With an endless number of willingnesses to forgive and move on. 
With giving the thief who takes your shirt, your jacket also. 
With daring only to embody non-violence and openness and generous love.

And worst of all maybe, when the powers that be come for you and say that your non-violence and your put-others-first vulnerability is starting to have a little too much influence? With not fighting back even if they imprison you. Even if they threaten to take your life. Even when they do.

It is crazy, take up your cross. It is unhinged, according to every rational human instinct for security and survival that is hard-wired into our DNA. It was then and it is now. Because when we read it, all these centuries later and try to figure out how we’re supposed to deal with it? It can kind of feel like following the path of Jesus means winding up so far up a creek that the only thing we can do is laugh. Certainly that seems to be how Peter reacts to it.

Because what do we even DO with that, take up your cross? We can recognize its import in the life of Dietrich Bonhoeffer, martyred by the Nazis, or Archbishop Romero, martyred by militants in El Salvador, or Alexei Navalny, martyred in Russia – but for those of whose personal reach extends roughly as far as the state of the sidewalks will allow on any given day, what on earth is it meant to mean for us? 

In some ways, the same. Because what ‘take up your cross’ is really about is perspective. It’s about deciding what we most value, in our life. It’s locating the quality of our life in how focussed on others, how vulnerable, how forgiving, how non-violent, AND how wilfully contrary to the values of smash-and-grab empire it is.

Because take up your cross inherently acknowledges that a life that really has worth, in the sense of reflecting the goodness and grace of God, is a life that’s that risky. Maybe not literally risky in the sense that it puts us in physical danger, though sometimes it can be, but risky in the sense that it can really annoy people. 

Because the quality of living that Jesus is inviting us into, it doesn’t fit in. It claims a whole different set of values. It doesn’t accept profit before people, or violence repaying violence, or everyone for himself, or nevermind the environment - we have to think about the economy. When Jesus says take up your cross, the kind of living he wants us to share is really annoying. It just will not go along with the status quo, and it gets on the world’s last nerve just by its very existence. It’s that risky.

But you know what it also does? It changes things. Sometimes way more slowly than we’d like, but the arc of history does keep bending ever closer to justice, to the goodness and grace of God. And that hasn’t only been because of the names we know, the great leaders, too many of whom wound up in fact forfeiting the quantity of their days in favour of the courage of choosing to live with the quality Jesus showed us.

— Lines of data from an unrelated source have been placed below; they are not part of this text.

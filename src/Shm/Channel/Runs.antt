-- ===== src/Shm/Channel/Runs.antt =====
-- How the processes on an entry go on from any state: the calls that are inside a lock, to their ends
use mathlib.Core.List.{append-nil}
use mathlib.Core.Path.{subst}
use native.Mathlib.Decide.{dec_lt}
use libcando.Base.{
  ℕ, zero, suc, ◌+◌, ◌*◌, ◌≤◌, ◌≡◌, refl, ◌∙◌, arith, true, false, List, [], ◌∷◌, ◌++◌, ◌==◌,
}
use libcando.Futex.{unlocked}
use libcando.Shm.Transfer.Calls.{rounds}
use libcando.Shm.Channel.{
  Use, Message, Shared, Pc, out, storing, stored, loading, clearing, emptied, Move, store,
  end_store, unlock_rd, load, clear, end_load, unlock_wr, System, Step, update, moves, Reach, later,
}
use libcando.Shm.Channel.Inside.{is_inside}

module _ (u : Use) where
  -- What further steps make of a state
  pub data Later (s : System) : System → Type 0 where
    now : Later s s
    then_step : {t v : System} → Later s t → Step u t v → Later s v

  pub Later-trans : {s t v : System} → Later s t → Later t v → Later s v
  Later-trans a now = a
  Later-trans a (then_step b st) = then_step (Later-trans a b) st

  pub Later-Reach : {ints : ℕ → ℕ} {s t : System} → Reach u ints s → Later s t → Reach u ints t
  Later-Reach r now = r
  Later-Reach r (then_step a st) = later (Later-Reach r a) st

  -- Process `k` comes to `p`; the others stay where they are.
  pub record Went (k : ℕ) (p : Pc) (s t : System) : Type 0 where
    pub run : Later s t
    pub own : t.pc k ≡ p
    pub others : (j : ℕ) → (k == j) ≡ false → t.pc j ≡ s.pc j

  pub Went-trans : {k : ℕ} {p q : Pc} {s t v : System} → Went k p s t → Went k q t v → Went k q s v
  Went-trans a b = record {
    run = Later-trans a.run b.run;
    own = b.own;
    others = λ j f. b.others j f ∙ a.others j f;
  }

  -- A step that writes and reads no message
  abbrev pub moved : System → ℕ → Shared → Pc → System
  moved s k m p = record s { shared = m; pc = update s.pc k p }

  pub goes :
      {s : System} {k : ℕ} {p q : Pc} {m : Shared} {ws rs : List Message}
      → s.pc k ≡ p
      → Move u s.shared p m q ws rs
      → Went k q s (record {
        shared = m;
        pc = update s.pc k q;
        written = s.written ++ ws;
        taken = s.taken ++ rs;
      })
  goes {s} {k} {q} {m} {ws} {rs} e mv = record {
    run = then_step now (moves k (rw e mv));
    own = let h : (k == k) ≡ true = ground arith in rw h refl;
    others = λ j f. rw f refl;
  }

  pub quietly :
      (s : System) (k : ℕ) {p q : Pc} {m : Shared}
      → s.pc k ≡ p
      → Move u s.shared p m q [] []
      → Went k q s (moved s k m q)
  quietly s k {q} {m} e mv =
      subst
        (λ w.
          Went k q s (record { shared = m; pc = update s.pc k q; written = w; taken = s.taken }))
        (append-nil s.written)
        (subst
          (λ l.
            Went k q s
              (record { shared = m; pc = update s.pc k q; written = s.written ++ []; taken = l }))
          (append-nil s.taken) (goes e mv))

  -- A call that stores comes out with its message written, and the read futex is free.
  pub record Wrote (k : ℕ) (msg : Message) (s t : System) : Type 0 where
    pub went : Went k out s t
    pub written_eq : t.written ≡ s.written ++ (msg ∷ [])
    pub taken_eq : t.taken ≡ s.taken
    pub rd_free : t.shared.rd_fux ≡ unlocked

  -- A call that loads comes out, and the write futex is free.
  pub record Took (k : ℕ) (s t : System) : Type 0 where
    pub went : Went k out s t
    pub written_eq : t.written ≡ s.written
    pub wr_free : t.shared.wr_fux ≡ unlocked

  stored_ends :
      {s : System} {k : ℕ} {msg : Message} → s.pc k ≡ stored msg → (t : System) × Wrote k msg s t
  stored_ends {s} e = (
    _,
    record {
      went = goes e unlock_rd;
      written_eq = refl;
      taken_eq = append-nil s.taken;
      rd_free = refl;
    },
  )

  emptied_ends :
      {s : System} {k : ℕ} {got : Message} → s.pc k ≡ emptied got → (t : System) × Took k s t
  emptied_ends {s} e =
      (_, record { went = goes e unlock_wr; written_eq = append-nil s.written; wr_free = refl })

  moved-Wrote :
      {s t : System} {k : ℕ} {p : Pc} {msg : Message}
      → Went k p s t
      → t.written ≡ s.written
      → t.taken ≡ s.taken
      → (v : System) × Wrote k msg t v
      → (v : System) × Wrote k msg s v
  moved-Wrote a w r (v, o) = (
    v,
    record {
      went = Went-trans a o.went;
      written_eq = rw⁻¹ w o.written_eq;
      taken_eq = o.taken_eq ∙ r;
      rd_free = o.rd_free;
    },
  )

  moved-Took :
      {s t : System} {k : ℕ} {p : Pc}
      → Went k p s t
      → t.written ≡ s.written
      → (v : System) × Took k t v
      → (v : System) × Took k s v
  moved-Took a w (v, o) =
      (v, record { went = Went-trans a o.went; written_eq = o.written_eq ∙ w; wr_free = o.wr_free })

  storing_over :
      (s : System) (k i : ℕ) (msg : Message)
      → u.size ≤ 4 * i
      → s.pc k ≡ storing i msg
      → (t : System) × Wrote k msg s t
  storing_over s k i msg le e =
      let w = quietly s k e (end_store le) in moved-Wrote w refl refl (stored_ends w.own)

  loading_over :
      (s : System) (k i : ℕ) (got : Message)
      → u.size ≤ 4 * i
      → s.pc k ≡ loading i got
      → (t : System) × Took k s t
  loading_over s k i got le e =
      let w = quietly s k e (end_load le) in moved-Took w refl (emptied_ends w.own)

  -- The loops end within `n` more rounds.
  storing_ends :
      (n : ℕ) (s : System) (k i : ℕ) (msg : Message)
      → 4 * rounds u.size ≤ u.room
      → rounds u.size ≤ i + n
      → s.pc k ≡ storing i msg
      → (t : System) × Wrote k msg s t
  unfolding rounds
  storing_ends zero s k i msg fits le e = storing_over s k i msg (omega arith) e
  storing_ends (suc n) s k i msg fits le e = elim (dec_lt (4 * i) u.size) [
    | no no_more ↦ storing_over s k i msg (omega arith) e
    | yes lt ↦
        let w = quietly s k e (store lt (omega arith)) in
        moved-Wrote w refl refl (storing_ends n _ k (i + 1) msg fits (omega arith) w.own)
  ]

  loading_ends :
      (n : ℕ) (s : System) (k i : ℕ) (got : Message)
      → 4 * rounds u.size ≤ u.room
      → rounds u.size ≤ i + n
      → s.pc k ≡ loading i got
      → (t : System) × Took k s t
  unfolding rounds
  loading_ends zero s k i got fits le e = loading_over s k i got (omega arith) e
  loading_ends (suc n) s k i got fits le e = elim (dec_lt (4 * i) u.size) [
    | no no_more ↦ loading_over s k i got (omega arith) e
    | yes lt ↦
        let w = quietly s k e (load lt (omega arith)) in
        let c = quietly _ k w.own clear in
        moved-Took w refl
          (moved-Took c refl (loading_ends n _ k (i + 1) _ fits (omega arith) c.own))
  ]

  pub writes_out :
      (s : System) (k i : ℕ) (msg : Message)
      → 4 * rounds u.size ≤ u.room
      → s.pc k ≡ storing i msg
      → (t : System) × Wrote k msg s t
  writes_out s k i msg fits = storing_ends (rounds u.size) s k i msg fits (omega arith)

  pub reads_out :
      (s : System) (k i : ℕ) (got : Message)
      → 4 * rounds u.size ≤ u.room
      → s.pc k ≡ loading i got
      → (t : System) × Took k s t
  reads_out s k i got fits = loading_ends (rounds u.size) s k i got fits (omega arith)

  -- A process that is inside comes out, and one of the futexes is free then.
  pub data Freed (k : ℕ) (s t : System) : Type 0 where
    wr : Went k out s t → t.shared.wr_fux ≡ unlocked → Freed k s t
    rd : Went k out s t → t.shared.rd_fux ≡ unlocked → Freed k s t

  Wrote-Freed :
      {k : ℕ} {msg : Message} {s : System}
      → (t : System) × Wrote k msg s t
      → (t : System) × Freed k s t
  Wrote-Freed (t, o) = (t, rd o.went o.rd_free)

  Took-Freed : {k : ℕ} {s : System} → (t : System) × Took k s t → (t : System) × Freed k s t
  Took-Freed (t, o) = (t, wr o.went o.wr_free)

  pub comes_out :
      (s : System) (k : ℕ) (p : Pc)
      → 4 * rounds u.size ≤ u.room
      → is_inside p ≡ true
      → s.pc k ≡ p
      → (t : System) × Freed k s t
  comes_out s k (storing i msg) fits h e = Wrote-Freed (writes_out s k i msg fits e)
  comes_out s k (stored msg) fits h e = Wrote-Freed (stored_ends e)
  comes_out s k (loading i got) fits h e = Took-Freed (reads_out s k i got fits e)
  comes_out s k (clearing i got) fits h e =
      let c = quietly s k e clear in
      Took-Freed (moved-Took c refl (reads_out _ k (i + 1) got fits c.own))
  comes_out s k (emptied got) fits h e = Took-Freed (emptied_ends e)
  comes_out s k p fits h e = absurd (cc h)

It’s also been because of countless others whose names we don’t know, but who managed in their own sphere of influence to choose the same thing.

So take up your cross, it’s a wildly uncomfortable teaching. It really is, there’s no getting around it. It’s an invitation but it does carry a warning. It does mean letting go of the very human impulse to do what’s easy or what’s comfortable instead of doing what’s right, even if annoys, even if it aggravates, even if it puts us at risk, even all the way up to a willingness to forfeit quantity of days in favour of quality. 

The warning is real. But so is the invitation. This will give our life the fulness of the worth that it can have in the grand scheme of humanity bending closer to God. It won’t make us comfortable. It may sometimes make things distinctly UNcomfortable. But we only have one life. Don’t we want it to be worthwhile? Thanks be to God, who travels with us on the way and even when we find ourselves up a creek. Amen.